# Bump on back?



## Lonestar22 (May 22, 2009)

or could it be over develop ment of the lumbar muscles? I'm sorry I dont have any pictures.


----------



## SavvyHearts (Sep 29, 2009)

hmmm...pictures would have helped, but lemme see if I can get some examples:

Hunter's Bump









Roach Back: 










That's all the bumps I can think of that a horse can have on her back. If it ends up being the roachback, personally, I'd pass on this mare but from what I know of Hunter's Bump they are fine...just not the prettiest to look at


----------



## Lonestar22 (May 22, 2009)

It.s not roach back for sure. I'm pretty sure it's a hunters bump. Shes not sensitive to touch in the area. On her the bump is a bit further up than in that pic. That one sits right on top of the pelvis while hers sits a bit in front of it. The chiro said her pelvis was a teeny bit outta alignment but nothing to worry about bc shes not doing strenous work. Just trails.


----------



## SavvyHearts (Sep 29, 2009)

did the chiro say what she thought it was? My best suggestionto you would be to get a vet out and do a pre-purchase exam. Some vets know a bit about conformation and might be able to tell you what exactly it is, and then how it should affect her if anything.


----------



## Lonestar22 (May 22, 2009)

Her had her looked at when he first bought her so i dont know really what was said. I talked to his younger sister and she hasnt said anything about any lameness. I dont think he would lie to me and he wouldnt have bought her if he couldnt ride her as he was going to use her for roping, but just doesnt have the time between his other colts. I'm on a tight budget and I find it really hard to shell out the money for a vet check for a horse I may not get. But I prolly will anyways. how much do they normally cost?


----------



## SavvyHearts (Sep 29, 2009)

cost wise it depends on the vet and what you have done. For both of my horses that had the vet check I paid $120 I believe. Well worth it for when I was looking for a trail horse, the first horse I looked at, a beautiful red roan gelding, ended up having something wrong with his hocks. Not sure of the name she gave it, but he wouldn't be sound for long.

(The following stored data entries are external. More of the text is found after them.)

-- ===== src/Examples/Server.antt =====
-- The locality check at a concrete machine (faceauth-daemon/src/server/locality.rs).
use omarchy_faceauth.Prelude.{◌≡◌, refl, false, none, some, codes}
use omarchy_faceauth.Prelude.Splits
use omarchy_faceauth.Server.ProcView.{
  ok, err, ProcView, Session, session_id_from_cgroup, helper_peer, polkit_helper_instance,
}
use omarchy_faceauth.Server.ProcView
use omarchy_faceauth.Examples.Desk.{ann_scope, desk}
use omarchy_faceauth.Server.Locality.{
  local, locality_with, locality_of, judge, climb, place, in_session,
}
use omarchy_faceauth.Server.Locality.Vouching.{CleanChain}
use omarchy_faceauth.Server.Locality.Local.{local-Vouched}

desk_scope : session_id_from_cgroup ann_scope ≡ some (codes "2")
unfolding session_id_from_cgroup ProcView.id_of_parts ProcView.unified_path Splits.lines
    Splits.split Splits.trim Splits.strip_suffix
desk_scope = refl

desk_local : locality_with desk 40 (some false) (codes "ann") ≡ local none
unfolding locality_with locality_of judge climb place in_session ProcView.is_ssh_comm Splits.trim
    ProcView.cgroup_path Splits.lines Splits.after_first session_id_from_cgroup Splits.split
    Splits.strip_suffix
desk_local = refl

local-Vouched_example : CleanChain desk 40
local-Vouched_example = (local-Vouched desk 40 (some false) (codes "ann") none desk_local).1
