-- ===== src/Store/Sealing.antt =====
-- Sealing to the TPM, and what a failed unseal says (faceauth-daemon/src/store/seal.rs).
use omarchy_faceauth.Prelude.{
  ℕ, ◌+◌, Bool, true, false, ◌&&◌, ◌||◌, Option, none, some, List, [], ◌∷◌, ◌++◌, Text, codes,
  text_eq, leb, ◌==◌, map, if◌then◌else◌,
}
use omarchy_faceauth.Prelude.Splits.{contains}

pub data Sealing : Type 0 where
  tpm : Sealing
  plain : Text → Sealing

abbrev pub is_tpm : Sealing → Bool
is_tpm tpm = true
is_tpm (plain why) = false

pub data UnsealFailure : Type 0 where
  definitive transient : UnsealFailure

-- What `systemd-creds` answers: the bytes, or its failure as classified.
pub data Creds : Type 0 where
  bytes : Text → Creds
  fails : UnsealFailure → Creds

-- The machine's answers to a probe: the TPM device, the two tools, and the round trip of a seal.
pub record Machine : Type 0 where
  pub has_tpm : Bool
  pub has_creds : Bool
  pub has_timeout : Bool
  pub round_trip : Creds

probe_word : Text
probe_word = codes "probe"

sealing_of : Creds → Sealing
unfolding probe_word
sealing_of (bytes back) =
    if text_eq back probe_word
    then tpm
    else plain (codes "TPM probe round trip returned different bytes")
sealing_of (fails k) = plain (codes "TPM probe failed")

unfoldable pub detect : Machine → Sealing
unfolding sealing_of
detect m =
    if m.has_tpm
    then (if m.has_creds
        then (if m.has_timeout
            then sealing_of m.round_trip
            else plain (codes "/usr/bin/timeout not installed"))
        else plain (codes "/usr/bin/systemd-creds not installed"))
    else plain (codes "no TPM device (/dev/tpmrm0)")

-- `to_ascii_lowercase`.
abbrev lower : ℕ → ℕ
lower c = if leb b'A' c && leb c b'Z' then c + 32 else c

abbrev passing : List Text
passing =
    codes "timed out"
    ∷ codes "connect"
    ∷ codes "temporarily unavailable"
    ∷ codes "no such file"
    ∷ codes "no such device"
    ∷ codes "not available"
    ∷ codes "resource busy"
    ∷ codes "operation not permitted"
    ∷ codes "input/output error"
    ∷ codes "out of memory"
    ∷ codes "permission denied"
    ∷ codes "not supported"
    ∷ []

abbrev any_within : List Text → Text → Bool
any_within [] s = false
any_within (m ∷ ms) s = contains m s || any_within ms s

by_words : Text → UnsealFailure
by_words stderr = if any_within passing (map lower stderr) then transient else definitive

-- The exit code of `timeout`, none where a signal ended it, and what the tool wrote.
unfoldable pub classify_creds_failure : Option ℕ → Text → UnsealFailure
unfolding by_words
classify_creds_failure none stderr = transient
classify_creds_failure (some code) stderr =
    if (leb 124 code && leb code 127) || code == 137 then transient else by_words stderr

unfoldable pub cred_name : Text → Text
cred_name user = codes "faceauth-" ++ user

I just heard from the girl that bought him after I passed, and she was surprised that he was lame already. So thanks to my vet I have a sound horse instead of a lame trail horse


----------



## Lonestar22 (May 22, 2009)

see thats ALOT of money for me. ugh. I'm so stressed over this. Do you think i should go ahead and pass?


----------



## SavvyHearts (Sep 29, 2009)

I think it depends on what it is...could you maybe go back and get pics and some videos of the horse moving?

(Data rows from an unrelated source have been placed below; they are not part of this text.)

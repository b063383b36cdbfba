-- ===== src/Store/Disk.antt =====
-- The store's directory, and a step that fails (faceauth-daemon/src/store/files.rs).
pub mod Laws
use omarchy_faceauth.Prelude.{
  ℕ, Bool, true, false, ◌&&◌, not, Option, none, some, List, [], ◌∷◌, ◌++◌, Text, codes, text_eq,
  ◌==◌, is_some, retain, length, if◌then◌else◌,
}
use omarchy_faceauth.Store.Templates.{UserTemplates}
use omarchy_faceauth.Store.Sealing.{Sealing, UnsealFailure, definitive, transient, Creds}

pub record File : Type 0 where
  pub bytes : Text
  pub mtime : ℕ

-- The files by name, and the users with a directory of gestures and of recordings.
abbrev pub Files : Type 0
Files = List (Text × File)

pub record Fingerprint : Type 0 where
  pub path : Text
  pub len : ℕ
  pub mtime : ℕ

pub record Disk : Type 0 where
  pub files : Files
  pub gestures : List Text
  pub records : List Text

abbrev pub Cache : Type 0
Cache = List (Text × (Fingerprint × UserTemplates))

pub record Store : Type 0 where
  pub disk : Disk
  pub sealing : Sealing
  pub cache : Cache

-- Why a call fails: by the store's own checks, by the credential tool, or by the file system.
pub data Failure : Type 0 where
  bad_user too_many : Failure
  not_finite sealed_store : Text → Failure
  unreadable io : Failure
  unsealing : UnsealFailure → Failure

pub data Res {ℓ} (A : Type ℓ) : Type ℓ where
  ok : A → Res A
  err : Failure → Res A

abbrev pub either {ℓ κ} : {A : Type ℓ} {B : Type κ} → Res A → (Failure → B) → (A → B) → B
either (ok a) f g = g a
either (err e) f g = f e

-- A call that works on the store.
abbrev pub Outcome {ℓ} : Type ℓ → Type ℓ
Outcome A = Store × Res A

infixl 5 ◌>>=◌
abbrev pub ◌>>=◌ {ℓ κ} : {A : Type ℓ} {B : Type κ} → Outcome A → (Store → A → Outcome B) → Outcome B
(s, ok a) >>= f = f s a
(s, err e) >>= f = (s, err e)

-- The answers of everything outside: the accounts, serde, the credential tool, the clock, this
-- process, and which steps of the file system succeed on which name. `lists` says which entries a
-- listing of the directory gives: none, if it cannot be opened.
pub record Host : Type 0 where
  pub uid_of : Text → Option ℕ
  pub to_json : UserTemplates → Text
  pub of_json : Text → Option UserTemplates
  pub seals : Text → Text → Creds
  pub unseals : Text → Text → Creds
  pub probes : Sealing
  pub now : ℕ
  pub now_secs : ℕ
  pub pid : ℕ
  pub seq : ℕ
  pub stats : Text → Bool
  pub reads : Text → Bool
  pub creates : Text → Bool
  pub writes : Text → Bool
  pub renames : Text → Bool
  pub removes : Text → Bool
  pub lists : Text → Bool
  pub removes_dir : Text → Bool
  pub syncs : Bool

-- The files.
unfoldable pub get : Files → Text → Option File
get [] name = none
get ((n, f) ∷ fs) name = if text_eq n name then some f else get fs name

unfoldable pub exists : Files → Text → Bool
unfolding get
exists fs name = is_some (get fs name)

unfoldable pub remove : Files → Text → Files
remove fs name = retain (λ e. not (text_eq e.0 name)) fs

unfoldable pub put : Files → Text → File → Files
unfolding remove
put fs name f = (name, f) ∷ remove fs name

-- The loop over a listing that removes what a test picks, up to the first failure.
unfoldable pub sweep : (Text → Bool) → (Text → Bool) → Files → Files × Bool
sweep removes picks [] = ([], true)
sweep removes picks ((n, f) ∷ fs) =
    let (fs', done) = sweep removes picks fs in
    if picks n
    then (if removes n then (fs', done) else ((n, f) ∷ fs, false))
    else ((n, f) ∷ fs', done)

-- The cache.
unfoldable pub cached : Cache → Text → Option (Fingerprint × UserTemplates)
cached [] user = none
cached ((u, e) ∷ c) user = if text_eq u user then some e else cached c user

unfoldable pub forget : Cache → Text → Cache
forget c user = retain (λ e. not (text_eq e.0 user)) c

unfoldable pub keep : Cache → Text → Fingerprint × UserTemplates → Cache
unfolding forget
keep c user e = (user, e) ∷ forget c user

unfoldable pub fingerprint : Text → File → Fingerprint
fingerprint name f = record { path = name; len = length f.bytes; mtime = f.mtime }

abbrev pub same_fingerprint : Fingerprint → Fingerprint → Bool
same_fingerprint a b = text_eq a.path b.path && a.len == b.len && a.mtime == b.mtime

-- Does an error say that the blob itself is unreadable?
unfoldable pub is_definitive : Failure → Bool
is_definitive (unsealing definitive) = true
is_definitive (unsealing transient) = false
is_definitive io = false
is_definitive e = true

If it's just a hunters bump, then it shouldn't effect at all, and I have heard some vets say that a roached back won't hurt (though I myself wouldn't ride a horse with roached back).
Maybe someone else on here might know what other bumps there can be.


----------



## tealamutt (Aug 21, 2009)

I think you should vet any horse you're taking on. It can save you a lot of money and heartache later. Even though your friend may be completely honest, there may be health concerns he is unaware of. My TB has a hunter's bump but it doesn't affect him at all and I ride him wtc 4-5 times a week.


----------



## Lonestar22 (May 22, 2009)

My only problem is if I cannot get her then thats a hundred dollars down the drain. And I dont really have an income right now. I cant afford to spend a hundred dollars on nothing. So I'm thinking about spending the money I have for ehr and sending my gelding ( i have no idea of his capabilities except that he is ridable) to the trainer for a tune up and ground work. I don't ride him cause he's spooky. I used to ride a spooky horse and I ended up on the ground knocked out (more than once), so I'm not doing that again.


----------



## SavvyHearts (Sep 29, 2009)

you're not really spending it on nothing. I have spent the hundred on many horses that failed the exam with some health issue. Personally knowing I'm getting a healthy horse is work it. 

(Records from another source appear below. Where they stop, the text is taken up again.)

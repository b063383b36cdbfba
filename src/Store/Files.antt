-- ===== src/Store/Files.antt =====
-- Loading, saving, setting aside and deleting a user's set (faceauth-daemon/src/store/files.rs).
-- Bytes and the text they spell are one list; a file whose bytes spell none is one that `reads`
-- refuses.
pub mod Names
pub mod Sticky
pub mod Runs
pub mod Saved
pub mod Reload
pub mod Gone
pub mod Neighbours
pub mod Owner
pub mod Loads
use omarchy_faceauth.Prelude.{
  ℕ, ◌+◌, Bool, true, false, ◌&&◌, ◌||◌, not, Option, none, some, List, [], ◌∷◌, ◌++◌, Text, codes,
  text_eq, ltb, ◌==◌, is_some, is_some_and, map_or, retain, length, starts_with, if◌then◌else◌,
}
use omarchy_faceauth.Prelude.Chars.{is_control, is_whitespace, any}
use omarchy_faceauth.Prelude.Splits.{is_empty_text, contains, decimal}
use omarchy_faceauth.Store.Templates.{
  UserTemplates, format_version, max_templates, non_finite_field,
}
use omarchy_faceauth.Store.Sealing.{Sealing, tpm, plain, is_tpm, Creds, bytes, fails, cred_name}
use omarchy_faceauth.Store.Disk.{
  File, Files, Fingerprint, Disk, Store, Failure, bad_user, too_many, not_finite, sealed_store,
  unreadable, io, unsealing, Res, ok, err, either, Outcome, ◌>>=◌, Host, get, exists, remove, put,
  sweep, cached, forget, keep, fingerprint, same_fingerprint, is_definitive,
}

unfoldable pub check_user : Text → Bool
check_user user = not (
    is_empty_text user
    || contains (codes "/") user
    || contains (codes "..") user
    || any (λ c. is_control c || is_whitespace c) user)

abbrev pub plain_name : Text → Text
plain_name user = user ++ codes ".json"

abbrev pub sealed_name : Text → Text
sealed_name user = user ++ codes ".cred"

abbrev pub tmp_prefix : Text → Text
tmp_prefix user = user ++ codes ".tmp-"

abbrev pub aside_prefix : Text → Text
aside_prefix user = user ++ codes ".cred.unreadable-"

abbrev pub own_prefix : Text → ℕ → Text
own_prefix user pid = user ++ (codes ".tmp-" ++ (decimal pid ++ codes "-"))

-- `target.with_extension(..)`, for either target.
abbrev pub tmp_name : Host → Text → Text
tmp_name h user = user ++ (codes ".tmp-" ++ (decimal h.pid ++ (codes "-" ++ decimal h.seq)))

abbrev pub with_files : Store → Files → Store
with_files s fs = record s { disk = record s.disk { files = fs } }

abbrev pub is_sealed : Store → Text → Bool
is_sealed s user = check_user user && exists s.disk.files (sealed_name user)

unfoldable pub uid_matches : Host → UserTemplates → Bool
uid_matches h t = map_or (h.uid_of t.user) true (λ now. t.uid == now)

abbrev pub if_matches : Host → UserTemplates → Option UserTemplates
if_matches h t = if uid_matches h t then some t else none

unfoldable pub parse : Host → Text → Text → Res (Option UserTemplates)
unfolding uid_matches
parse h text user = map_or (h.of_json text) (err unreadable) (λ t.
    if not (t.version == format_version)
    then err unreadable
    else if not (text_eq t.user user)
    then err unreadable
    else ok (if_matches h t))

abbrev pub is_stale : Text → Option ℕ → Text → Bool
is_stale user keep_pid n =
    starts_with (tmp_prefix user) n
    && not (is_some_and keep_pid (λ p. starts_with (own_prefix user p) n))

abbrev pub swept : Store → Files × Bool → Outcome (Unit {0})
swept s (fs, true) = (with_files s fs, ok tt)
swept s (fs, false) = (with_files s fs, err io)

-- The loops over the directory pass over an entry that a listing does not give, and over all of them
-- if there is none.
abbrev pub listed : Host → (Text → Bool) → Text → Bool
listed h picks n = h.lists n && picks n

unfoldable pub remove_stale_temps : Host → Store → Text → Option ℕ → Outcome (Unit {0})
remove_stale_temps h s user keep_pid =
    if not (check_user user)
    then (s, err bad_user)
    else swept s (sweep h.removes (listed h (is_stale user keep_pid)) s.disk.files)

-- The staging file goes with the guard that holds it.
abbrev pub unlink : Host → Store → Text → File → Store
unlink h s tmp f = if h.removes tmp then s else with_files s (put s.disk.files tmp f)

-- A staging file that is there already goes, too, when it cannot be made anew.
abbrev pub abandoned : Host → Store → Text → Store
abandoned h s tmp = if h.removes tmp then with_files s (remove s.disk.files tmp) else s

abbrev pub remember : Host → Store → Text → File → UserTemplates → Store
remember h s target f t =
    if h.stats target
    then record s { cache = keep s.cache t.user (fingerprint target f, t) }
    else record s { cache = forget s.cache t.user }

-- The other form goes, the directory is synced, and the set is cached.
finish_put : Host → Store → Text → File → Option Text → UserTemplates → Outcome Text
finish_put h s target f other t =
    let gone = map_or other s (λ o. with_files s (remove s.disk.files o)) in
    if is_some_and other (λ o. exists s.disk.files o && not (h.removes o))
    then (s, err io)
    else if not h.syncs
    then (gone, err io)
    else (remember h gone target f t, ok target)

-- The staging file, and the rename that puts it in place.
unfoldable pub put_file : Host → Store → Text → Text → Option Text → UserTemplates → Outcome Text
unfolding finish_put
put_file h s target text other t =
    let tmp = tmp_name h t.user in
    let f : File = record { bytes = text; mtime = h.now } in
    if not (h.creates tmp)
    then (abandoned h s tmp, err io)
    else if not (h.writes tmp && h.renames tmp)
    then (unlink h s tmp f, err io)
    else finish_put h (with_files s (put s.disk.files target f)) target f other t

abbrev pub save_blob : Host → Store → UserTemplates → Creds → Outcome Text
save_blob h s t (bytes blob) = put_file h s (sealed_name t.user) blob (some (plain_name t.user)) t
save_blob h s t (fails k) = (s, err (unsealing k))

unfoldable pub save_sealed : Host → Store → UserTemplates → Outcome Text
save_sealed h s t = save_blob h s t (h.seals (cred_name t.user) (h.to_json t))

unfoldable pub save_plain : Host → Store → UserTemplates → Outcome Text
save_plain h s t = put_file h s (plain_name t.user) (h.to_json t) none t

-- Sealed where this machine can, and never in plaintext over a sealed file.
abbrev pub save_by : Host → Store → UserTemplates → Sealing → Outcome Text
save_by h s t tpm = save_sealed h s t
save_by h s t (plain why) =
    if exists s.disk.files (sealed_name t.user)
    then (if is_tpm h.probes
        then save_sealed h (record s { sealing = tpm }) t
        else (s, err (sealed_store why)))
    else save_plain h s t

unfoldable pub save : Host → Store → UserTemplates → Outcome Text
save h s t =
    if ltb max_templates (length t.templates)
    then (s, err too_many)
    else map_or (non_finite_field t)
        (remove_stale_temps h s t.user (some h.pid) >>= λ s' _. save_by h s' t s'.sealing)
        (λ what. (s, err (not_finite what)))

-- A set read from the sealed file is cached.
abbrev pub read_sealed :
    Host → Store → Text → Fingerprint → Res (Option UserTemplates) → Outcome (Option UserTemplates)
read_sealed h s user fp (err e) = (s, err e)
read_sealed h s user fp (ok none) = (s, ok none)
read_sealed h s user fp (ok (some t)) =
    (record s { cache = keep s.cache user (fp, t) }, ok (some t))

abbrev pub unsealed : Host → Text → Creds → Res (Option UserTemplates)
unsealed h user (fails k) = err (unsealing k)
unsealed h user (bytes text) = parse h text user

abbrev pub hit : Fingerprint → Option (Fingerprint × UserTemplates) → Option UserTemplates
hit fp none = none
hit fp (some (have, t)) = if same_fingerprint have fp then some t else none

unfoldable pub load_sealed : Host → Store → Text → File → Outcome (Option UserTemplates)
load_sealed h s user f =
    let name = sealed_name user in
    let fp = fingerprint name f in
    if not (h.stats name)
    then (s, err io)
    else map_or (hit fp (cached s.cache user))
        (if not (h.reads name)
          then (s, err io)
          else read_sealed h s user fp (unsealed h user (h.unseals (cred_name user) f.bytes)))
        (λ t. (s, ok (if_matches h t)))

-- A set found in the clear on a machine that can seal is sealed now; a failure of that is only
-- logged.
abbrev pub read_plain : Host → Store → Res (Option UserTemplates) → Outcome (Option UserTemplates)
read_plain h s (err e) = (s, err e)
read_plain h s (ok none) = (s, ok none)
read_plain h s (ok (some t)) = (if is_tpm s.sealing then (save h s t).0 else s, ok (some t))

unfoldable pub load_plain : Host → Store → Text → File → Outcome (Option UserTemplates)
load_plain h s user f =
    if not (h.reads (plain_name user)) then (s, err io) else read_plain h s (parse h f.bytes user)

unfoldable pub load : Host → Store → Text → Outcome (Option UserTemplates)
load h s user =
    if not (check_user user)
    then (s, err bad_user)
    else map_or (get s.disk.files (sealed_name user))
        (map_or (get s.disk.files (plain_name user)) (s, ok none) (load_plain h s user))
        (load_sealed h s user)

unfoldable pub check_can_replace : Store → Text → Res (Unit {0})
check_can_replace s user = elim s.sealing [
  | tpm ↦ ok tt
  | plain why ↦ if is_sealed s user then err (sealed_store why) else ok tt
]

aside_name : Host → Text → Text
aside_name h user = aside_prefix user ++ decimal h.now_secs

unfoldable pub set_aside_unreadable : Host → Store → Text → Outcome (Option Text)
unfolding aside_name
set_aside_unreadable h s user =
    if not (check_user user)
    then (s, err bad_user)
    else map_or (get s.disk.files (sealed_name user)) (s, ok none)
        (λ f.
          either (check_can_replace s user) (λ e. (s, err e))
            (λ _.
              let aside = aside_name h user in
              if not (h.renames (sealed_name user)) then (s, err io) else (
                record s {
                  disk = record s.disk {
                    files = put (remove s.disk.files (sealed_name user)) aside f;
                  };
                  cache = forget s.cache user;
                },
                ok (some aside),
              )))

unfoldable pub set_aside_if_unreadable : Host → Store → Text → Failure → Outcome (Option Text)
set_aside_if_unreadable h s user e =
    if is_definitive e then set_aside_unreadable h s user else (s, ok none)

-- Nothing is there any more, or the failure stands.
abbrev pub reported : Failure → Store → Option Text → Outcome (Option UserTemplates)
reported e s none = (s, err e)
reported e s (some aside) = (s, ok none)

abbrev pub after_load :
    Host → Text → Outcome (Option UserTemplates) → Outcome (Option UserTemplates)
after_load h user (s, ok t) = (s, ok t)
after_load h user (s, err e) = set_aside_if_unreadable h s user e >>= reported e

-- The one way that an enrolment opens a set.
unfoldable pub open_for_enrolment : Host → Store → Text → Outcome (Option UserTemplates)
open_for_enrolment h s user =
    either (check_can_replace s user) (λ e. (s, err e)) (λ _. after_load h user (load h s user))

-- A file that goes if it is there: whether it was.
unfoldable pub drop_file : Host → Store → Text → Outcome Bool
drop_file h s name =
    if not (exists s.disk.files name)
    then (s, ok false)
    else if h.removes name
    then (with_files s (remove s.disk.files name), ok true)
    else (s, err io)

abbrev pub without : Text → List Text → List Text
without user users = retain (λ u. not (text_eq u user)) users

abbrev pub has : Text → List Text → Bool
has user [] = false
has user (u ∷ users) = text_eq u user || has user users

unfoldable pub drop_gestures : Host → Store → Text → Outcome (Unit {0})
drop_gestures h s user =
    if has user s.disk.gestures && not (h.removes_dir (codes "gestures/" ++ user))
    then (s, err io)
    else (record s { disk = record s.disk { gestures = without user s.disk.gestures } }, ok tt)

unfoldable pub drop_records : Host → Store → Text → Outcome (Unit {0})
drop_records h s user =
    if has user s.disk.records && not (h.removes_dir (codes "record/" ++ user))
    then (s, err io)
    else (record s { disk = record s.disk { records = without user s.disk.records } }, ok tt)

unfoldable pub drop_asides : Host → Store → Text → Outcome (Unit {0})
drop_asides h s user =
    swept s (sweep h.removes (listed h (starts_with (aside_prefix user))) s.disk.files)

-- Everything the store holds about a user: whether templates were there.
unfoldable pub delete : Host → Store → Text → Outcome Bool
delete h s user = remove_stale_temps h s user none >>= λ s₁ _.
    drop_file h s₁ (sealed_name user) >>= λ s₂ sealed.
    drop_file h s₂ (plain_name user) >>= λ s₃ clear. drop_asides h s₃ user >>= λ s₄ _.
    drop_gestures h s₄ user >>= λ s₅ _. drop_records h s₅ user >>= λ s₆ _.
    (record s₆ { cache = forget s₆.cache user }, ok (sealed || clear))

Don't mean to be rude or anything, but if you can't afford to spend $120ish for a simple vet exam, how could you afford a vet charge if something happens to your current horse or something like that?


----------



## NorthernMama (Mar 12, 2008)

My standy has a hunters bump and never has shown an issue with it. When she was racing it didn't bother her either. My farrier knows another horse with one also and again, no problems. 

If you are uncertain, I would not buy the horse. Too much time and money invested in a horse to take on a maybe unless you are willing to deal with the possible issues.


----------



## tealamutt (Aug 21, 2009)

Savvyhearts is right. Also not trying to be at all rude, I know $120 is a lot of money but if you can't afford that to ensure you don't end up with an unuseable horse that you are still responsible for, you won't be able to pay for a vet exam once your horse needs health care. $120 wouldn't pay for farrier care and worming for a two month period let alone all the costs that will be coming up over the next year. If you are going to take on a horse the vet check exam is a drop in the bucket compared with what you need to have stashed away in case of emergency. Maybe you can lease a horse until your financial situation allows you to afford to own one?


----------



## riccil0ve (Mar 28, 2009)

Ugh, I hate the "if you can't afford..." argument. Just because you can't afford something OPTIONAL doesn't mean you can't afford a horse. There are tons of options out there for financial aid if something comes up. Sure, it's nice to have money saved up, and I will always recommend it, but it really isn't PRACTICAL to assume that everyone should have money saved up. That argument just irks me to no end. I do not have a dollar to my name, but my horses are well fed and current on all their vet and farrier work. I will STARVE to keep my horse's healthy. I just think that as long as the animal is properly cared for and happy, that's all that should matter.


----------



## Lonestar22 (May 22, 2009)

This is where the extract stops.